映画は前作『リアリティのダンス』のエンディングから始まります。故郷トコピージャから首都サンティアゴへと移り、様々な悩みや葛藤を抱えた青年時代のホドロフスキーが当時チリで出会った詩人、アーティスト、パフォーマーなど、アヴァンギャルドなカルチャー・シーンの人々との交流を、虚実入り交じったマジック・リアリズムの手法で描き、前作同様ホドロフスキーの長男であるブロンティス・ホドロフスキーがホドロフスキーの父親を、青年となったホドロフスキーを、末の息子であるアダン・ホドロフスキーが演じます。また、撮影監督は『恋する惑星』など、手持ちカメラの独特の映像で知られるクリストファー・ドイル。ウォン・カーウァイをはじめ、ジム・ジャームッシュやガス・ヴァン・サントなど様々な監督の作品に携わってきたドイルが、今回初めてホドロフスキー監督とタッグ組みました。

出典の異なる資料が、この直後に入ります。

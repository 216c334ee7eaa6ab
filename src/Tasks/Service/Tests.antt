-- ===== src/Tasks/Service/Tests.antt =====
-- The boot of the tasks service at a concrete run: the cache and the brokers are there.
use rust_basics.Prelude.{◌≡◌, refl, ◌↔◌, true, false, inl, inr, none, [], ◌∷◌, String, ok}
use rust_basics.Tracing.Sample.{process, fresh}
use rust_basics.Otelx.Init as Otelx
use rust_basics.Valkey.Connect as Valkey
use rust_basics.Valkey.Connect.{Redis}
use rust_basics.Valkey.Probe.{probe}
use rust_basics.Kafka.Connect as Kafka
use rust_basics.Kafka.Sample.{rdkafka}
use rust_basics.Httpx.Health.{is_ready}
use rust_basics.Httpx.Server.{bound, created, run, ready, GateFits}
use rust_basics.Tasks.Config.{default, valkey, kafka, otelx}
use rust_basics.Tasks.Service.{World, Service, answer, health, boot}
use rust_basics.Tasks.Service.Readiness.{boot-ready}

abbrev redis : Redis
redis = record {
  W = Unit {0};
  Client = String;
  Conn = String;
  open_client = λ url. ok url;
  get_connection_manager = λ client w. (w, ok client);
  ping = λ conn w. (w, ok "PONG");
}

abbrev world : World process redis rdkafka
world = record { process = fresh; cache_side = tt; broker_side = tt }

abbrev service : Service process redis rdkafka
service = record {
  guard = record { provider = none };
  cache = record { conn = "redis://127.0.0.1:6379"; healthy = true; period = 5000 };
  producer = record {
    handle_ = record {
      inner =
          ("bootstrap.servers", "localhost:9092")
          ∷ ("client.id", "tasks")
          ∷ ("message.timeout.ms", "5000")
          ∷ [];
      healthy = true;
      period = 5000;
    };
    default_topic = "tasks.events";
  };
  server = record { phase = created; health = health process redis rdkafka };
  state = record { producer = record { default_topic = "tasks.events" }; topic = "tasks.events" };
}

boot-ready_example :
    let server = run (bound ∷ []) service.server in
    let cache = probe true (false ∷ true ∷ []) in
    let brokers = probe true [] in
    (((ready (answer cache brokers) server.health).status ≡ 200)
      ↔ ((is_ready server.health ≡ true) × (true ≡ true) × (true ≡ true)))
    × GateFits server
unfolding boot Otelx.init Valkey.connect Kafka.connect_producer default valkey kafka otelx
boot-ready_example =
    boot-ready process redis rdkafka (ok (default 1)) world service (bound ∷ []) (false ∷ true ∷ [])
      [] true true refl (inr (false ∷ [], refl)) (inl (refl, refl))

現地時間5月14日(土)、現在開催中の第69回カンヌ国際映画祭にてワールドプレミア。
上映の後、会場を埋め尽くす800 人もの人々の拍手喝采が鳴り止まぬ中ホドロフスキーが舞台に登場し、舞台挨拶を行いました。

ホドロフスキー監督は客席からの「映画は癒しになり得るのか?」という質問に
「もちろんイエスだ。この映画は“詩的な物語”ではなく“詩的な行為”そのものなんだ。映画を作る行為、それ自体がサイコマジック・ボム、つまり癒しになるんだ。世の中の全てがお金に置き換えることができる現代において、”詩”とは唯一お金にに置き換えることのできないものだ。だから”詩”こそが唯一の芸術であり、行為そのものであり、生き方なのだ」と発言。続けて、「この映画の製作はとても大変だった。当初製作資金が足りなかったけれど、奇跡が起こるかもしれない、と撮影をスタートさせた。結果、キックスターターとインディーゴーゴーのクラウドファンディングで世界中から1万人に及ぶ人々が出資をしてくれ、作品を完成することができた」と答えた。

夜の公式上映でにはホドロフスキーをはじめ、ブロンティス・ホドロフスキー、アダン・ホドロフスキー、チリからは母親役のパメラ・フローレス、子どものころのアレハンドロ役のイェレミアス・ハースコヴィッツが揃って劇場に登場、観客からは大きな拍手と声援がおくられた。
各メディアからも「ホドロフスキーの最高傑作!」(米バラエティ紙)、「自由奔放なアイデアと本当の優しさに満ちた作品!撮影監督のクロストファー・ドイルによって降り注ぐ鮮やかな色たちがホドロフスキーのおとぎ話とマジックリアリズムを強調している」、「87歳にして、今がキャリアのピーク!」(米インディワイヤー誌)と絶賛の声が相次いだ。